For older adolescents , although verbally more capable it was wondered whether the audio-visual link may be too intrusive and possibly a phone contact may be more manageable.
If using a video link it was discussed what camera position would be most appropriate. If it is placed so the child’s whole room could be seen this made feel less invasive, although fine details of play, drawings etc may not be able to be seen. For children it was wondered whether focusing the camera on the play/drawing/creation etc may be more manageable for the child and to some extent replicates the consulting situation.
Another issue was what does one do if the child walks around with the camera from room to room, or points the camera out of the window, or purposely goes off the screen.
There was considerable discussion of how audio/visual technology could be used for directly interacting with the child. It was noted that Zoom has an option of using a whiteboard. This allows both participants to jointly draw or write something on a blank screen that both people can see. This was seen as a great opportunity to engage in such an activity as Winnicott’s squiggle game. Obviously mutual drawings or other games could be undertaken using this technology. Zoom also has the function of either participant choosing a different background to the screen, so a person may appear as if they are on the moon, in a jungle, on a desert etc. It was reported that some children have used this function to play out different adventures. Another suggestion was to explore playing computer type games that have an interactive element. Games like Minecraft and The Sims were mentioned in this regard. It was thought it may be helpful to explore with young people we know which interactive, non violent games are available.

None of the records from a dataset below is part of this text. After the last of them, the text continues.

-- ===== src/Raft/Core/Vote.antt =====
-- storage/raft/core/raft_core_election.cpp: ticks, pre-votes, votes and the change of roles.
use adviskv.Base.{ℕ, ◌+◌, true, false, not, List, [], ◌∷◌, ltb, ◌==◌, nat_eq, if◌then◌else◌}
use adviskv.Model.{Status, error, fail, ReplicaId, replica_id_eq, PeerMember, noop}
use adviskv.Tick.{tick, reset, clear, stop}
use adviskv.Raft.Log.{last_log_index, last_log_term}
use adviskv.Raft.Election
use adviskv.Raft.Election.{
  is_leader, is_candidate, is_pre_candidate, granted_vote_count, pre_vote_granted_count,
  pre_vote_term, grant_vote_to, record_vote_granted_from, record_pre_vote_granted_from,
}
use adviskv.Raft.Membership.{is_voter, has_quorum, voters}
use adviskv.Raft.Replication.{reset_for_leader}
use adviskv.Raft.Message.{
  RaftEffects, request_vote, pre_vote, RequestVoteParam, RequestVoteResult, push_message,
}
use adviskv.Raft.Core.{
  RaftCore, current_term, ensure_ready, later_than_other, record_hard_state, become_follower,
}
use adviskv.Raft.Core.Append.{
  append_new_entry, broadcast_append_entries, try_update_commit_index, maybe_promote_ready_learner,
}

unfoldable pub become_leader : RaftCore → RaftEffects → RaftCore × RaftEffects
become_leader c effects =
    if fail (ensure_ready c)
    then (c, effects)
    else if not (is_voter c.membership c.self_id)
    then (c, effects)
    else (let c1 = record c {
      recent_leader_active = false;
      election = Election.become_leader c.election;
      election_tick_trigger = stop c.election_tick_trigger;
      heartbeat_tick_trigger = (reset c.heartbeat_tick_trigger).0;
      replication = reset_for_leader c.replication c.membership c.raft_log;
    } in
        let (c2, effects2, _) = append_new_entry c1 noop effects in
        let (c3, effects3) = broadcast_append_entries c2 effects2 in
        if has_quorum c3.membership 1 then try_update_commit_index c3 effects3 else (c3, effects3))

-- The parameter of a vote or a pre-vote, which differ in the term only.
unfoldable pub vote_param : RaftCore → ReplicaId → ℕ → RequestVoteParam
vote_param c to term = record {
  from_replica_id = c.self_id;
  to_replica_id = to;
  term = term;
  last_log_index = last_log_index c.raft_log;
  last_log_term = last_log_term c.raft_log;
}

unfoldable pub send_request_votes : RaftCore → List PeerMember → RaftEffects → RaftEffects
unfolding vote_param
send_request_votes c [] effects = effects
send_request_votes c (p ∷ ps) effects = send_request_votes c ps (
    if p.replica_id == c.self_id
    then effects
    else push_message (request_vote p (vote_param c p.replica_id (current_term c))) effects)

unfoldable pub send_pre_votes : RaftCore → List PeerMember → RaftEffects → RaftEffects
unfolding vote_param
send_pre_votes c [] effects = effects
send_pre_votes c (p ∷ ps) effects = send_pre_votes c ps (
    if p.replica_id == c.self_id
    then effects
    else push_message (pre_vote p (vote_param c p.replica_id (pre_vote_term c.election))) effects)

unfoldable pub become_candidate : RaftCore → RaftEffects → RaftCore × RaftEffects
unfolding Election.become_candidate
become_candidate c effects =
    if fail (ensure_ready c)
    then (c, effects)
    else if not (is_voter c.membership c.self_id)
    then (c, effects)
    else (let c1 = record c {
      recent_leader_active = false;
      election = Election.become_candidate c.election;
      heartbeat_tick_trigger = stop c.heartbeat_tick_trigger;
      election_tick_trigger = (reset c.election_tick_trigger).0;
    } in
        let effects1 = record_hard_state c1 effects in
        if has_quorum c1.membership (granted_vote_count c1.election)
        then become_leader c1 effects1
        else (c1, send_request_votes c1 (voters c1.membership) effects1))

unfoldable pub become_pre_candidate : RaftCore → RaftEffects → RaftCore × RaftEffects
unfolding Election.become_pre_candidate
become_pre_candidate c effects =
    if fail (ensure_ready c)
    then (c, effects)
    else if not (is_voter c.membership c.self_id)
    then (c, effects)
    else if is_leader c.election
    then (c, effects)
    else (let c1 = record c {
      recent_leader_active = false;
      election = Election.become_pre_candidate c.election;
      heartbeat_tick_trigger = stop c.heartbeat_tick_trigger;
      election_tick_trigger = (reset c.election_tick_trigger).0;
    } in
        if has_quorum c1.membership (pre_vote_granted_count c1.election)
        then become_candidate c1 effects
        else (c1, send_pre_votes c1 (voters c1.membership) effects))

unfoldable pub tick_core : RaftCore → RaftEffects → RaftCore × RaftEffects
tick_core c effects =
    if fail (ensure_ready c)
    then (c, effects)
    else if is_leader c.election
    then (let (t, fired) = tick c.heartbeat_tick_trigger in
        let c1 = record c { heartbeat_tick_trigger = t } in
        let (c2, effects2) = if fired then broadcast_append_entries c1 effects else (c1, effects) in
        maybe_promote_ready_learner c2 effects2)
    else (let (t, fired) = tick c.election_tick_trigger in
        let c1 = record c { election_tick_trigger = t } in
        if fired then become_pre_candidate c1 effects else (c1, effects))

unfoldable pub ensure_vote_preconditions : RaftCore → RequestVoteParam → Status
ensure_vote_preconditions c param =
    if not (is_voter c.membership c.self_id)
    then error
    else if not (is_voter c.membership param.from_replica_id)
    then error
    else ensure_ready c

-- A pre-vote changes nothing in the core.
unfoldable pub handle_pre_vote : RaftCore → RequestVoteParam → RequestVoteResult
handle_pre_vote c param =
    let refused : RequestVoteResult = record { term = current_term c; vote_granted = false } in
    if ltb param.term (current_term c + 1)
    then refused
    else if fail (ensure_vote_preconditions c param)
    then refused
    else if is_leader c.election
    then refused
    else if c.recent_leader_active
    then refused
    else if later_than_other c param.last_log_term param.last_log_index
    then refused
    else record refused { vote_granted = true }

unfoldable pub handle_pre_vote_response :
    RaftCore → ReplicaId → RequestVoteResult → RaftEffects → RaftCore × RaftEffects
handle_pre_vote_response c from result effects =
    if fail (ensure_ready c)
    then (c, effects)
    else if not (is_pre_candidate c.election)
    then (c, effects)
    else if ltb (current_term c) result.term
    then become_follower c result.term effects
    else if ltb result.term (current_term c)
    then (c, effects)
    else if not result.vote_granted
    then (c, effects)
    else if not (is_voter c.membership from)
    then (c, effects)
    else (let (e, new) = record_pre_vote_granted_from c.election from in
        let c1 = record c { election = e } in
        if not new
        then (c1, effects)
        else if has_quorum c1.membership (pre_vote_granted_count e)
        then become_candidate c1 effects
        else (c1, effects))

-- The part of `handle_request_vote` behind the comparison of the terms.
unfoldable pub answer_vote :
    RaftCore → RequestVoteParam → RaftEffects → RaftCore × RequestVoteResult × RaftEffects
answer_vote c param effects =
    let refused : RequestVoteResult = record { term = current_term c; vote_granted = false } in
    if later_than_other c param.last_log_term param.last_log_index
    then (c, refused, effects)
    else (let (e, granted) = grant_vote_to c.election param.from_replica_id in
        if granted
        then (let c1 = record c { election = e } in
            (
              record c1 { election_tick_trigger = (clear c.election_tick_trigger).0 },
              record refused { vote_granted = true },
              record_hard_state c1 effects,
            ))
        else (c, refused, effects))

unfoldable pub handle_request_vote :
    RaftCore → RequestVoteParam → RaftEffects → RaftCore × RequestVoteResult × RaftEffects
unfolding answer_vote
handle_request_vote c param effects =
    let refused : RequestVoteResult = record { term = current_term c; vote_granted = false } in
    if fail (ensure_vote_preconditions c param)
    then (c, refused, effects)
    else if ltb param.term (current_term c)
    then (c, refused, effects)
    else (let (c', effects') =
          if ltb (current_term c) param.term
          then become_follower c param.term effects
          else (c, effects) in
        answer_vote c' param effects')

unfoldable pub handle_vote_response :
    RaftCore → ReplicaId → RequestVoteResult → RaftEffects → RaftCore × RaftEffects
handle_vote_response c from result effects =
    if fail (ensure_ready c)
    then (c, effects)
    else if not (is_candidate c.election)
    then (c, effects)
    else if ltb (current_term c) result.term
    then become_follower c result.term effects
    else if ltb result.term (current_term c)
    then (c, effects)
    else if not result.vote_granted
    then (c, effects)
    else if not (is_voter c.membership from)
    then (c, effects)
    else (let (e, new) = record_vote_granted_from c.election from in
        let c1 = record c { election = e } in
        if not new
        then (c1, effects)
        else if has_quorum c1.membership (granted_vote_count e)
        then become_leader c1 effects
        else (c1, effects))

The meeting ended with a discussion on what are the legal positions on using an audio-visual link with a child or adolescent. How secure is the link? It was suggested that Australia has no legislation on these matters, although using American standards, it was thought that any free service did not meet security standards, but paid or subscription services had an extra layer of security and would be accepted. There was also mention of particular platforms, such a Zoom who have special telehealth options. Another related issue was the use of recording a session. It was felt this could be a concern if such recording could be subpoenaed.